Jensen Huang’s vision for data center dominance may destroy the Arm ecosystem - kasabali
https://semianalysis.com/jensen-huangs-vision-for-data-center-dominance-will-destroy-the-arm-ecosystem/
======
Spooky23
This story is pretty hilarious in its breathless hype factor. Nvidia is going
to dominate the datacenter with the three legged stool of GPUs, Inifiband and
ARM?

Sounds like the bullshit that IBM salespeople were peddling about POWER circa
2008. The real strategy was licensing capacity with physical segmentation.
Nvidia would probably pursue a similar strategy -- sell chips with lots and
lots of cores and lease capacity on demand.

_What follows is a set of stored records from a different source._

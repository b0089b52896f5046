-- ===== src/Cpu/Trapping/Status.antt =====
-- The bits of the status words that traps and returns write.
use rv64_emulator.Common.{ℕ, ◌≡◌, refl, arith, true, false, ◌||◌, if◌then◌else◌, ◌==◌}
use rv64_emulator.Common.{◌∙◌, suc, Bool-cases, ==_iff, inl, inr}
use rv64_emulator.Bits.Digit.{bit}
use rv64_emulator.Bits.Fields.{field, set_field, bit-set_field, bit-field}
use rv64_emulator.Bits.Copy.{copy_fields, covers, bit-copy_fields}
use rv64_emulator.Cpu.Mode.{PrivilegeMode, machine, mode_index, mode_of, mode_lt}
use rv64_emulator.Cpu.Csr.Layout.{
  mie, mpie, mpp, mprv, mstatus_write_fields, sstatus_write_fields, sstatus_read_fields,
}
use rv64_emulator.Cpu.Csr.State.{get, put}
use rv64_emulator.Cpu.Trapping.{enter_m, enter_s}
use rv64_emulator.Cpu.Executor.System.{mret_status}

pub bit-put : (v lo x i : ℕ) → bit (set_field v lo 1 x) i ≡ (if i == lo then bit x 0 else bit v i)
bit-put v lo x i = elim (Bool-cases (i == lo)) [
  | inl e ↦ rw (bit-set_field v lo 1 x i, e, (==_iff i lo).0 e) (ground arith)
  | inr e ↦ rw (bit-set_field v lo 1 x i, e) (ground arith)
]

pub bit-get : (v lo : ℕ) → bit (field v lo 1) 0 ≡ bit v lo
bit-get v lo = ground (arith, bit-field v lo 1 lo)

bit-put_two :
    (v lo x i : ℕ)
    → bit (set_field v lo 2 x) i
      ≡ (if i == lo then bit x 0 else if i == suc lo then bit x 1 else bit v i)
bit-put_two v lo x i = elim (Bool-cases (i == lo)) [
  | inl e ↦ rw (bit-set_field v lo 2 x i, e, (==_iff i lo).0 e) (ground arith)
  | inr e ↦ elim (Bool-cases (i == suc lo)) [
    | inl q ↦ rw (bit-set_field v lo 2 x i, e, q, (==_iff i (suc lo)).0 q) (ground arith)
    | inr q ↦ rw (bit-set_field v lo 2 x i, e, q) (ground arith)
  ]
]

-- A bit of mstatus after a trap to M mode: MPIE is the old MIE, MIE is 0, MPP is the mode.
abbrev pub after_m : ℕ → PrivilegeMode → ℕ → ℕ
after_m st origin i =
    if i == 7
    then bit st 3
    else if i == 3
    then 0
    else if i == 11
    then bit (mode_index origin) 0
    else if i == 12
    then bit (mode_index origin) 1
    else bit st i

bit-enter_m :
    (st : ℕ) (origin : PrivilegeMode) (i : ℕ) → bit (enter_m st origin) i ≡ after_m st origin i
unfolding enter_m
bit-enter_m st origin i =
    rw
      (
        bit-put_two (set_field (set_field st 7 1 (field st 3 1)) 3 1 0) 11 (mode_index origin) i,
        bit-put (set_field st 7 1 (field st 3 1)) 3 0 i,
        bit-put st 7 (field st 3 1) i,
        bit-get st 3,
      )
      (ground arith)

pub bit-status_m :
    (st : ℕ) (origin : PrivilegeMode) (i : ℕ)
    → bit (copy_fields mstatus_write_fields (enter_m st origin) st) i ≡ after_m st origin i
unfolding covers
bit-status_m st origin i =
    ground (
      arith,
      bit-copy_fields mstatus_write_fields (enter_m st origin) st i,
      bit-enter_m st origin i,
    )

-- A bit of mstatus after a trap to S mode, through its window sstatus: SPIE is the old SIE, SIE is
-- 0, SPP is the low bit of the mode.
abbrev pub after_s : ℕ → PrivilegeMode → ℕ → ℕ
after_s st origin i =
    if i == 5
    then bit st 1
    else if i == 1
    then 0
    else if i == 8
    then bit (mode_index origin) 0
    else bit st i

bit-enter_s :
    (st : ℕ) (origin : PrivilegeMode) (i : ℕ) → bit (enter_s st origin) i ≡ after_s st origin i
unfolding enter_s
bit-enter_s st origin i =
    rw
      (
        bit-put (set_field (set_field st 5 1 (field st 1 1)) 1 1 0) 8 (mode_index origin) i,
        bit-put (set_field st 5 1 (field st 1 1)) 1 0 i,
        bit-put st 5 (field st 1 1) i,
        bit-get st 1,
      )
      (ground arith)

abbrev window : ℕ → ℕ
window st = copy_fields sstatus_read_fields st 0

bit-window : (st i : ℕ) → covers sstatus_write_fields i ≡ true → bit (window st) i ≡ bit st i
unfolding covers
bit-window st i h = bit-copy_fields sstatus_read_fields st 0 i ∙ ground arith

pub bit-status_s :
    (st : ℕ) (origin : PrivilegeMode) (i : ℕ)
    → bit (copy_fields sstatus_write_fields (enter_s (window st) origin) st) i ≡ after_s st origin i
unfolding covers
bit-status_s st origin i =
    bit-copy_fields sstatus_write_fields (enter_s (window st) origin) st i
    ∙ elim (Bool-cases (covers sstatus_write_fields i)) [
      | inl e ↦
          rw (e, bit-enter_s (window st) origin i, bit-window st i e, bit-window st 1 shown) refl
      | inr e ↦ rw e (hidden e)
    ]
  where
    shown : covers sstatus_write_fields 1 ≡ true
    shown = refl

    hidden : covers sstatus_write_fields i ≡ false → bit st i ≡ after_s st origin i
    hidden e = ground arith

-- A bit of mstatus after MRET: MIE is the old MPIE, MPIE is 1, MPP is 0, and MPRV is cleared
-- unless MPP was M.
abbrev pub after_mret : ℕ → ℕ → ℕ
after_mret st i =
    if i == 3
    then bit st 7
    else if i == 7
    then 1
    else if i == 11 || i == 12
    then 0
    else if i == 17
    then (if get st mpp == 3 then bit st 17 else 0)
    else bit st i

bit-mprv :
    (st : ℕ)
    → bit (if mode_lt (mode_of (get st mpp)) machine then 0 else get st mprv) 0
      ≡ (if get st mpp == 3 then bit st 17 else 0)
unfolding mode_lt mode_of
bit-mprv st = ground (arith, bit-get st 17)

bit-mret_status : (st i : ℕ) → bit (mret_status st) i ≡ after_mret st i
unfolding mret_status
bit-mret_status st i =
    rw
      (
        bit-put (put (put (put st mpp 0) mpie 1) mie (get st mpie)) 17
            (if mode_lt (mode_of (get st mpp)) machine then 0 else get st mprv) i,
        bit-put (put (put st mpp 0) mpie 1) 3 (get st mpie) i,
        bit-put (put st mpp 0) 7 1 i,
        bit-put_two st 11 0 i,
        bit-get st 7,
        bit-mprv st,
      )
      (ground arith)

not_covered :
    (i : ℕ)
    → covers mstatus_write_fields i ≡ false
    → ((i == 3) ≡ false)
      × ((i == 7) ≡ false)
      × ((i == 11) ≡ false)
      × ((i == 12) ≡ false)
      × ((i == 17) ≡ false)
unfolding covers
not_covered i h = ground arith

pub bit-status_mret :
    (st i : ℕ) → bit (copy_fields mstatus_write_fields (mret_status st) st) i ≡ after_mret st i
bit-status_mret st i =
    bit-copy_fields mstatus_write_fields (mret_status st) st i
    ∙ elim (Bool-cases (covers mstatus_write_fields i)) [
      | inl e ↦ rw e (bit-mret_status st i)
      | inr e ↦ let (n3, n7, n11, n12, n17) = not_covered i e in rw (e, n3, n7, n11, n12, n17) refl
    ]
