-- ===== src/Cpu/Trapping/Entry.antt =====
-- What CPU::HandleTrap leaves behind.
use rv64_emulator.Common.{ℕ, ◌≤◌, ◌≡◌, ◌≢◌, refl, arith, Bool, true, false, Bool-cases, inl, inr}
use rv64_emulator.Common.{if◌then◌else◌, not, ◌&&◌}
use rv64_emulator.Cpu.Trap.{Trap, is_trap, trap_to_cause, get_trap_pc}
use rv64_emulator.Cpu.Mode.{PrivilegeMode, user, supervisor, reserved, machine, mode_index, mode_eq}
use rv64_emulator.Bits.Digit.{bit}
use rv64_emulator.Cpu.Csr.Addr.{
  csr_mtvec, csr_mepc, csr_mcause, csr_mtval, csr_mstatus, csr_stvec, csr_sepc, csr_scause,
  csr_stval,
}
use rv64_emulator.Cpu.Csr.State.{read, write, write_csr}
use rv64_emulator.Cpu.Trapping.{trap_state, cause_word, tvec_reg, epc_reg, cause_reg, tval_reg}
use rv64_emulator.Cpu.Trapping.Status.{after_m, after_s, bit-status_m, bit-status_s}
use rv64_emulator.Cpu.Hart.{Cpu}
use rv64_emulator.Cpu.Trapping.{traps_to_s, handle_trap}

target_le :
    (mode : PrivilegeMode) (delegated : Bool)
    → mode ≢ reserved
    → mode_index mode
      ≤ mode_index (if not (mode_eq mode machine) && delegated then supervisor else machine)
unfolding mode_index mode_eq
target_le user true ne = omega arith
target_le user false ne = omega arith
target_le supervisor true ne = omega arith
target_le supervisor false ne = omega arith
target_le reserved d ne = absurd (ne refl)
target_le machine d ne = omega arith

-- A trap never lowers the privilege of a hart that is in one of the three modes.
handle_trap_raises :
    {B : Type 0} (c : Cpu B) (trap : Trap) (epc : ℕ)
    → c.priv_mode ≢ reserved
    → mode_index c.priv_mode ≤ mode_index (handle_trap c trap epc).priv_mode
unfolding handle_trap traps_to_s
handle_trap_raises c trap epc ne = elim (Bool-cases (is_trap trap.type)) [
  | inl e ↦ rw e (target_le c.priv_mode _ ne)
  | inr e ↦ rw e (omega arith)
]

-- What a trap taken in M mode leaves.
pub record EntersMachine {B : Type 0} (c : Cpu B) (trap : Trap) (epc : ℕ) (c' : Cpu B)
    : Type 0 where
  pub at_handler : c'.pc ≡ get_trap_pc (read c.state csr_mtvec) (trap_to_cause trap.type)
  pub in_machine : c'.priv_mode ≡ machine
  pub saved_pc : read c'.state csr_mepc ≡ epc
  pub saved_cause : read c'.state csr_mcause ≡ cause_word trap.type
  pub saved_tval : read c'.state csr_mtval ≡ trap.val
  pub status :
      (i : ℕ) → bit (c'.state.csr csr_mstatus) i ≡ after_m (c.state.csr csr_mstatus) c.priv_mode i
  pub others :
      (a : ℕ)
      → a ≢ csr_mepc
      → a ≢ csr_mcause
      → a ≢ csr_mtval
      → a ≢ csr_mstatus
      → c'.state.csr a ≡ c.state.csr a
  pub registers : c'.xregs ≡ c.xregs

-- What a trap taken in S mode leaves.
pub record EntersSupervisor {B : Type 0} (c : Cpu B) (trap : Trap) (epc : ℕ) (c' : Cpu B)
    : Type 0 where
  pub at_handler : c'.pc ≡ get_trap_pc (read c.state csr_stvec) (trap_to_cause trap.type)
  pub in_supervisor : c'.priv_mode ≡ supervisor
  pub saved_pc : read c'.state csr_sepc ≡ epc
  pub saved_cause : read c'.state csr_scause ≡ cause_word trap.type
  pub saved_tval : read c'.state csr_stval ≡ trap.val
  pub status :
      (i : ℕ) → bit (c'.state.csr csr_mstatus) i ≡ after_s (c.state.csr csr_mstatus) c.priv_mode i
  pub others :
      (a : ℕ)
      → a ≢ csr_sepc
      → a ≢ csr_scause
      → a ≢ csr_stval
      → a ≢ csr_mstatus
      → c'.state.csr a ≡ c.state.csr a
  pub registers : c'.xregs ≡ c.xregs

-- A trap that is not delegated enters M mode.
pub handle_trap-EntersMachine :
    {B : Type 0} (c : Cpu B) (trap : Trap) (epc : ℕ)
    → is_trap trap.type ≡ true
    → traps_to_s c.state c.priv_mode trap.type ≡ false
    → EntersMachine c trap epc (handle_trap c trap epc)
unfolding handle_trap trap_state tvec_reg epc_reg cause_reg tval_reg read write write_csr mode_eq
handle_trap-EntersMachine c trap epc h k =
    rw (h, k)
      (record {
        at_handler = refl;
        in_machine = refl;
        saved_pc = refl;
        saved_cause = refl;
        saved_tval = refl;
        status = λ i. bit-status_m (c.state.csr csr_mstatus) c.priv_mode i;
        others = λ a n1 n2 n3 n4. ground arith;
        registers = refl;
      })

-- A trap that is delegated enters S mode.
pub handle_trap-EntersSupervisor :
    {B : Type 0} (c : Cpu B) (trap : Trap) (epc : ℕ)
    → is_trap trap.type ≡ true
    → traps_to_s c.state c.priv_mode trap.type ≡ true
    → EntersSupervisor c trap epc (handle_trap c trap epc)
unfolding handle_trap trap_state tvec_reg epc_reg cause_reg tval_reg read write write_csr mode_eq
handle_trap-EntersSupervisor c trap epc h k =
    rw (h, k)
      (record {
        at_handler = refl;
        in_supervisor = refl;
        saved_pc = refl;
        saved_cause = refl;
        saved_tval = refl;
        status = λ i. bit-status_s (c.state.csr csr_mstatus) c.priv_mode i;
        others = λ a n1 n2 n3 n4. ground arith;
        registers = refl;
      })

You could pave a road with the gravestones of technology vendors who pursued
industry dominance with faster, more expensive chips. If IBM, Sun, Unisys, HP,
Digital, SGI and a dozen others failed, why would a company with almost zero
datacenter presence succeed?

Even with the pitiful state of 2020 Intel, I'd put my money on commodity
ethernet and x86 in the datacenter. Most datacenter architecture doesn't
require GPU. Nvidia could market with a kick-ass Oracle-like engineered
solution for high-performance compute, game hosting or AI. But I don't think
Oracle moved the needle in how we buy database compute, and I doubt Nvidia
would do so here.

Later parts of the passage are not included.